*ASSIGNED TASK*. Copy exactly the lines of the data below that run from the line holding "pending = 0;" through the line holding "(opened : cb.on_file", both ends included.

*DATASET EXCERPTS*.
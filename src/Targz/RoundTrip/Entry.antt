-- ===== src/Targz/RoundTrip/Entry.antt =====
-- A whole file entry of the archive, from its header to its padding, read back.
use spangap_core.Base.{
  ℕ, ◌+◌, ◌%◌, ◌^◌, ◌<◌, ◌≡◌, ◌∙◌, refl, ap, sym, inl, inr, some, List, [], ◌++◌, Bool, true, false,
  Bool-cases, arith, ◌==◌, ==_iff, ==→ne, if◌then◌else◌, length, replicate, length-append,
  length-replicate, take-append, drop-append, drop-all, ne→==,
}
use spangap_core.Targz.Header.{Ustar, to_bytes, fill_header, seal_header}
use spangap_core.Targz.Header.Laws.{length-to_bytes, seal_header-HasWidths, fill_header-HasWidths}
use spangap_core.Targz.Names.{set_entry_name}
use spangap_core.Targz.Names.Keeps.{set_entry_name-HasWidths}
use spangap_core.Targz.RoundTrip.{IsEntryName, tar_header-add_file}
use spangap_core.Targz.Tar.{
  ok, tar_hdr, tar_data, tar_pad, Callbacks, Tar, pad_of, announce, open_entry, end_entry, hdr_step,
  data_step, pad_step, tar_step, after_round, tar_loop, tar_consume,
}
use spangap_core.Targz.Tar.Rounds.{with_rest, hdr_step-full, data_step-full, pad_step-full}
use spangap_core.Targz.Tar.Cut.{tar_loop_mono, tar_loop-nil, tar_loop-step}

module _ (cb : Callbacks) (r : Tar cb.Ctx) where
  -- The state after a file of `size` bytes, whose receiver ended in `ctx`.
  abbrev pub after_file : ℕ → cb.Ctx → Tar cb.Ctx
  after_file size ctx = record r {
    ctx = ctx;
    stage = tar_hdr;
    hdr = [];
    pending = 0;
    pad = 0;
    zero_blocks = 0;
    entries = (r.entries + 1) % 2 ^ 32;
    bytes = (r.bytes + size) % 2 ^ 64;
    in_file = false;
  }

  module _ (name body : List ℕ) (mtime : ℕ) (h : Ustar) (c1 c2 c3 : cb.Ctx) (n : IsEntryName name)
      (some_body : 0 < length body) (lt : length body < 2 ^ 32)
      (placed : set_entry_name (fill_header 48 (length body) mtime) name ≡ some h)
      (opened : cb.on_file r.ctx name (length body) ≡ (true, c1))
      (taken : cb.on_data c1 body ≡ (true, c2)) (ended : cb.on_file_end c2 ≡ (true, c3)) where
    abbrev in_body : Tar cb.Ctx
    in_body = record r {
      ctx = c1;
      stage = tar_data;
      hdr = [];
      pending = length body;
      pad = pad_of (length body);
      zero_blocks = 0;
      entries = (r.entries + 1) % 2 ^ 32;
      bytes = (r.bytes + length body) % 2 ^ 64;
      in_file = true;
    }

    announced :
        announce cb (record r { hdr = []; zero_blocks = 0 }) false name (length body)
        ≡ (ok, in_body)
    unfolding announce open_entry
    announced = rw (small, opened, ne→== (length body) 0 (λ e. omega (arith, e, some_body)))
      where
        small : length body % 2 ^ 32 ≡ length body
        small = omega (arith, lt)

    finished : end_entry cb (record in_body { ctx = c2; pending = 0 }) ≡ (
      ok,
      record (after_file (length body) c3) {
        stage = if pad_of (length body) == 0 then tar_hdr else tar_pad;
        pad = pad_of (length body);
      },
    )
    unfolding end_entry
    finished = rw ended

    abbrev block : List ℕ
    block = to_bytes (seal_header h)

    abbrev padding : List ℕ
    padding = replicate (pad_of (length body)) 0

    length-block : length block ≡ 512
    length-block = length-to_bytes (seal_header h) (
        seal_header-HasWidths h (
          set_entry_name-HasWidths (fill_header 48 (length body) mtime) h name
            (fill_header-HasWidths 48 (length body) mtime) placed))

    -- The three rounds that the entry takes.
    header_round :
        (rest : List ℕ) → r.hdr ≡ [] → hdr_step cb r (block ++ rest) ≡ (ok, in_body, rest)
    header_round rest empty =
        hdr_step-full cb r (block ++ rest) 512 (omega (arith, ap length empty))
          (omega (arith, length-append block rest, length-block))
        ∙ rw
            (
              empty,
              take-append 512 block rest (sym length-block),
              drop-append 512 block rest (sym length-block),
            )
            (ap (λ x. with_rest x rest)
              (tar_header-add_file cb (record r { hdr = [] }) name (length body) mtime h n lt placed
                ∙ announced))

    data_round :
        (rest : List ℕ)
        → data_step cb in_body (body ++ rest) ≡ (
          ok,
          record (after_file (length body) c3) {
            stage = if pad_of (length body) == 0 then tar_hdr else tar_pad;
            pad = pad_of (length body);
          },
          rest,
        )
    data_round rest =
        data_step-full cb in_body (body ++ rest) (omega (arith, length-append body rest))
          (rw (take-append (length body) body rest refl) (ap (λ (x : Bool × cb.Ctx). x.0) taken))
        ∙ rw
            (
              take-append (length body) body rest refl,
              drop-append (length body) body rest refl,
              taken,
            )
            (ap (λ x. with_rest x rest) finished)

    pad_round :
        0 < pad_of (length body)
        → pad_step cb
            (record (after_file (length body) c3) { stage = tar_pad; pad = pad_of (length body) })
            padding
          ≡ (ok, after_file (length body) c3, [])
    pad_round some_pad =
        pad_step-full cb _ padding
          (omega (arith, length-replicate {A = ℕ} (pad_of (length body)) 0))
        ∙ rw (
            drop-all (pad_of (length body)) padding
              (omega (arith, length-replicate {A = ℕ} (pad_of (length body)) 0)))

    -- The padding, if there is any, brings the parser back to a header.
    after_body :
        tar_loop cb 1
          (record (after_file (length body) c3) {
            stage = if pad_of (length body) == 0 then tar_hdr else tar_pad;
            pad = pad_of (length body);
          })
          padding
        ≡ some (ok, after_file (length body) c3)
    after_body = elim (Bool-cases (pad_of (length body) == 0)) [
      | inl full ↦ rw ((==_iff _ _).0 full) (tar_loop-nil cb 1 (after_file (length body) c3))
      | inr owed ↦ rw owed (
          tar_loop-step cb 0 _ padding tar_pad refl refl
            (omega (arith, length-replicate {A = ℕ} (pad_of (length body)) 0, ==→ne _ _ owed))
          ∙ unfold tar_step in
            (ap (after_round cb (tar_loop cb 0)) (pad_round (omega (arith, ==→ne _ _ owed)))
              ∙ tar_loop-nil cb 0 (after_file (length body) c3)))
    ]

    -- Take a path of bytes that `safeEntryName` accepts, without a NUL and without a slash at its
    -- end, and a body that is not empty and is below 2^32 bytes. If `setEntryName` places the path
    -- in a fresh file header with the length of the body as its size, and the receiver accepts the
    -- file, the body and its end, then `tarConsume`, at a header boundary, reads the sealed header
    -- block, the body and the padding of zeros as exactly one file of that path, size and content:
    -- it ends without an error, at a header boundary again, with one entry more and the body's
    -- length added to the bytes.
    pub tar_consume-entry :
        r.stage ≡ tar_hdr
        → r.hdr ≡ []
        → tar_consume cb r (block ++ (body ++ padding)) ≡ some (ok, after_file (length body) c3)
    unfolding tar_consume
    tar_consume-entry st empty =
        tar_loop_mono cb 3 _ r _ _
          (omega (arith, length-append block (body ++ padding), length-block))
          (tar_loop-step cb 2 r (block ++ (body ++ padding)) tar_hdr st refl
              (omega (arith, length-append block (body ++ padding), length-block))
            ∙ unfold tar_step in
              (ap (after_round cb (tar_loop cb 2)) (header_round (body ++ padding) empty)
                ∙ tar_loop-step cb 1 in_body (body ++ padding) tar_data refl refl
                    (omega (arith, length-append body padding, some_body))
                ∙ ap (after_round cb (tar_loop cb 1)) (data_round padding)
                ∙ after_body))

* * *

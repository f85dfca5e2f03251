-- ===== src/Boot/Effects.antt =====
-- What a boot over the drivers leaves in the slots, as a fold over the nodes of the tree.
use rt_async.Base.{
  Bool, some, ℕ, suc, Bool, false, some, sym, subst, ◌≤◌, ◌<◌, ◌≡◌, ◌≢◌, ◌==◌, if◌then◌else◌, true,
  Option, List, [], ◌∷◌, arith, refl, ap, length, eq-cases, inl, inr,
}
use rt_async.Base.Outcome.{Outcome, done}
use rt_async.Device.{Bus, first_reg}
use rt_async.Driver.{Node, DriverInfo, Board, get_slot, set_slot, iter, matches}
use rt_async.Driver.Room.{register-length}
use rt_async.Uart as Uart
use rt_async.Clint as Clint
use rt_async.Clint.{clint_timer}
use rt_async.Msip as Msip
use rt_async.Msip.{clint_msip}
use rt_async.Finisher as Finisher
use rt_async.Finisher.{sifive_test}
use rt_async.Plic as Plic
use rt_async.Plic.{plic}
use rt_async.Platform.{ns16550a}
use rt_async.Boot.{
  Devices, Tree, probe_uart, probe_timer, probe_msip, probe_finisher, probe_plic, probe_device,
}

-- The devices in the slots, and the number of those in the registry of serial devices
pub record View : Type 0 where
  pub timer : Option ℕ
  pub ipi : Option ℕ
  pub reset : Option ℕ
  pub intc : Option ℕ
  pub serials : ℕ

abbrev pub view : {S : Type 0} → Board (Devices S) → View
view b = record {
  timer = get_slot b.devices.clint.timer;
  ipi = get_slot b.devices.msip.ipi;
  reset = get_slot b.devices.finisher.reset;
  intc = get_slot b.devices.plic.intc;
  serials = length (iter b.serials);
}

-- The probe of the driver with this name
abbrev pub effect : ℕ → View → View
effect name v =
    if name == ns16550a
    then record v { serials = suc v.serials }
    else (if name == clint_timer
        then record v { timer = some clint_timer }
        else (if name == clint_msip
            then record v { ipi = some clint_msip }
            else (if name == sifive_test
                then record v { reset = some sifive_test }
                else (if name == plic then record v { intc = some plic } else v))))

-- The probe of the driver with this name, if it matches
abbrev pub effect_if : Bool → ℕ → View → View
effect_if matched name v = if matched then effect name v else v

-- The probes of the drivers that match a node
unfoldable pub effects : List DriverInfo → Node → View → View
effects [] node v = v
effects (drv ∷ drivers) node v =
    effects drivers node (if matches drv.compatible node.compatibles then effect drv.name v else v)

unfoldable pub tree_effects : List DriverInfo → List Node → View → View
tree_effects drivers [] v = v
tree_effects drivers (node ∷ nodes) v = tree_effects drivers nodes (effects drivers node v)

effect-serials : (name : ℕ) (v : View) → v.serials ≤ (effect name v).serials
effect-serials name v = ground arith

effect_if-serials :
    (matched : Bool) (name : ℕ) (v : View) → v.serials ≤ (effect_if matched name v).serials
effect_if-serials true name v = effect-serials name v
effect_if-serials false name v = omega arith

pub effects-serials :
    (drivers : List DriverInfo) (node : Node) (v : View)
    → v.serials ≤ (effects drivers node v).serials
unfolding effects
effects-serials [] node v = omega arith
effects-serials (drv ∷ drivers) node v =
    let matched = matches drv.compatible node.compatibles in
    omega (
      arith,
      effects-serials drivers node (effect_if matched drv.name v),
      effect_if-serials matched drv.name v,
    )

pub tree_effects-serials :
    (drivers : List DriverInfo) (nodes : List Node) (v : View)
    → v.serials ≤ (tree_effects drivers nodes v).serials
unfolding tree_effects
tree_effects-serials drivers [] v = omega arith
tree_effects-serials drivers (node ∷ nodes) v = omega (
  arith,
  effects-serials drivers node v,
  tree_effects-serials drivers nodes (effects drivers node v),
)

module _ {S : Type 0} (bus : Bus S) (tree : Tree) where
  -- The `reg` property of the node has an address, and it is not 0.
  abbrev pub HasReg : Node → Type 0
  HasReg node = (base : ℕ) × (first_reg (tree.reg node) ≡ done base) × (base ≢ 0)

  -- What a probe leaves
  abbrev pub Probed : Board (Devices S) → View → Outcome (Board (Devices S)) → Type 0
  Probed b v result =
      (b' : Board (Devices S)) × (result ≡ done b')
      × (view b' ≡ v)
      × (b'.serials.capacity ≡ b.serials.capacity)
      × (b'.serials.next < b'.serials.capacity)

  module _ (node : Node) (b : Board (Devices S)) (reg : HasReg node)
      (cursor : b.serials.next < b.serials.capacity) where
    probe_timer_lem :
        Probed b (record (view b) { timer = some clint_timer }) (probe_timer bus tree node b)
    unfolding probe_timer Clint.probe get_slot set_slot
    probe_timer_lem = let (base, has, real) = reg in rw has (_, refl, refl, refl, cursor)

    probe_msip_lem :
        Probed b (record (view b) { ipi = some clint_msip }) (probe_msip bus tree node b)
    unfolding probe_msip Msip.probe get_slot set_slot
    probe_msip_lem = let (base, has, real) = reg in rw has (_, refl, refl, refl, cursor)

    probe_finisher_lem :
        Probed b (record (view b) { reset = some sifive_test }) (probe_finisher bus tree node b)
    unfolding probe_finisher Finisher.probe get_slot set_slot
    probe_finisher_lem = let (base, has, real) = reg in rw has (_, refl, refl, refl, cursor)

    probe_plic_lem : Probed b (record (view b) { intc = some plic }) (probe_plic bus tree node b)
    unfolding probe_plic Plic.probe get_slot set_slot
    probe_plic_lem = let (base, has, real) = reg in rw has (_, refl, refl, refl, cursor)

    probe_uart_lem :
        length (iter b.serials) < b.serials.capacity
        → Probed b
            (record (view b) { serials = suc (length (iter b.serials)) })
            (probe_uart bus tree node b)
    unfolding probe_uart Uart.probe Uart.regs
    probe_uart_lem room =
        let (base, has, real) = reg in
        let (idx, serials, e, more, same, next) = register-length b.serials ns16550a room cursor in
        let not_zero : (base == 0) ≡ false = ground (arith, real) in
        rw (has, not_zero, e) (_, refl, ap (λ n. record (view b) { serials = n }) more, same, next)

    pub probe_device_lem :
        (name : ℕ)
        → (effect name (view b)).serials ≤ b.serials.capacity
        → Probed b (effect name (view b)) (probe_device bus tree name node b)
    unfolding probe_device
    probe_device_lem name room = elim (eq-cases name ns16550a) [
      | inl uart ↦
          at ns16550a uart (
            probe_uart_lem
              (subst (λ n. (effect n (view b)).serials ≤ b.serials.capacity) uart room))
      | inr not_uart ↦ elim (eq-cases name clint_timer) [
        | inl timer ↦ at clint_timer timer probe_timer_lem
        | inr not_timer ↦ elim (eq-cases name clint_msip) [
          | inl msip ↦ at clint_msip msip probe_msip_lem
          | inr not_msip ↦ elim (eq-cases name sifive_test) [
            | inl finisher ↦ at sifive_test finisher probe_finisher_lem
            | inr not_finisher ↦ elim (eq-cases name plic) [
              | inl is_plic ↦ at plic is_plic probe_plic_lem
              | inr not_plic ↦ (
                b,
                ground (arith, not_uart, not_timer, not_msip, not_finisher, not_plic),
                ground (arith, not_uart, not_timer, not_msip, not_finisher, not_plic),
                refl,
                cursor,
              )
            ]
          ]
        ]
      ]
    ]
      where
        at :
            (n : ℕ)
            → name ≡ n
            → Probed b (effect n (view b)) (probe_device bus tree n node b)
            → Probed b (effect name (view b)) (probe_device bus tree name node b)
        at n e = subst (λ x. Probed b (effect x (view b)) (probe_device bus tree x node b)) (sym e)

*RESPONSE FOR THIS EXERCISE*.
    pending = 0;
    pad = 0;
    zero_blocks = 0;
    entries = (r.entries + 1) % 2 ^ 32;
    bytes = (r.bytes + size) % 2 ^ 64;
    in_file = false;
  }

  module _ (name body : List ℕ) (mtime : ℕ) (h : Ustar) (c1 c2 c3 : cb.Ctx) (n : IsEntryName name)
      (some_body : 0 < length body) (lt : length body < 2 ^ 32)
      (placed : set_entry_name (fill_header 48 (length body) mtime) name ≡ some h)
      (opened : cb.on_file r.ctx name (length body) ≡ (true, c1))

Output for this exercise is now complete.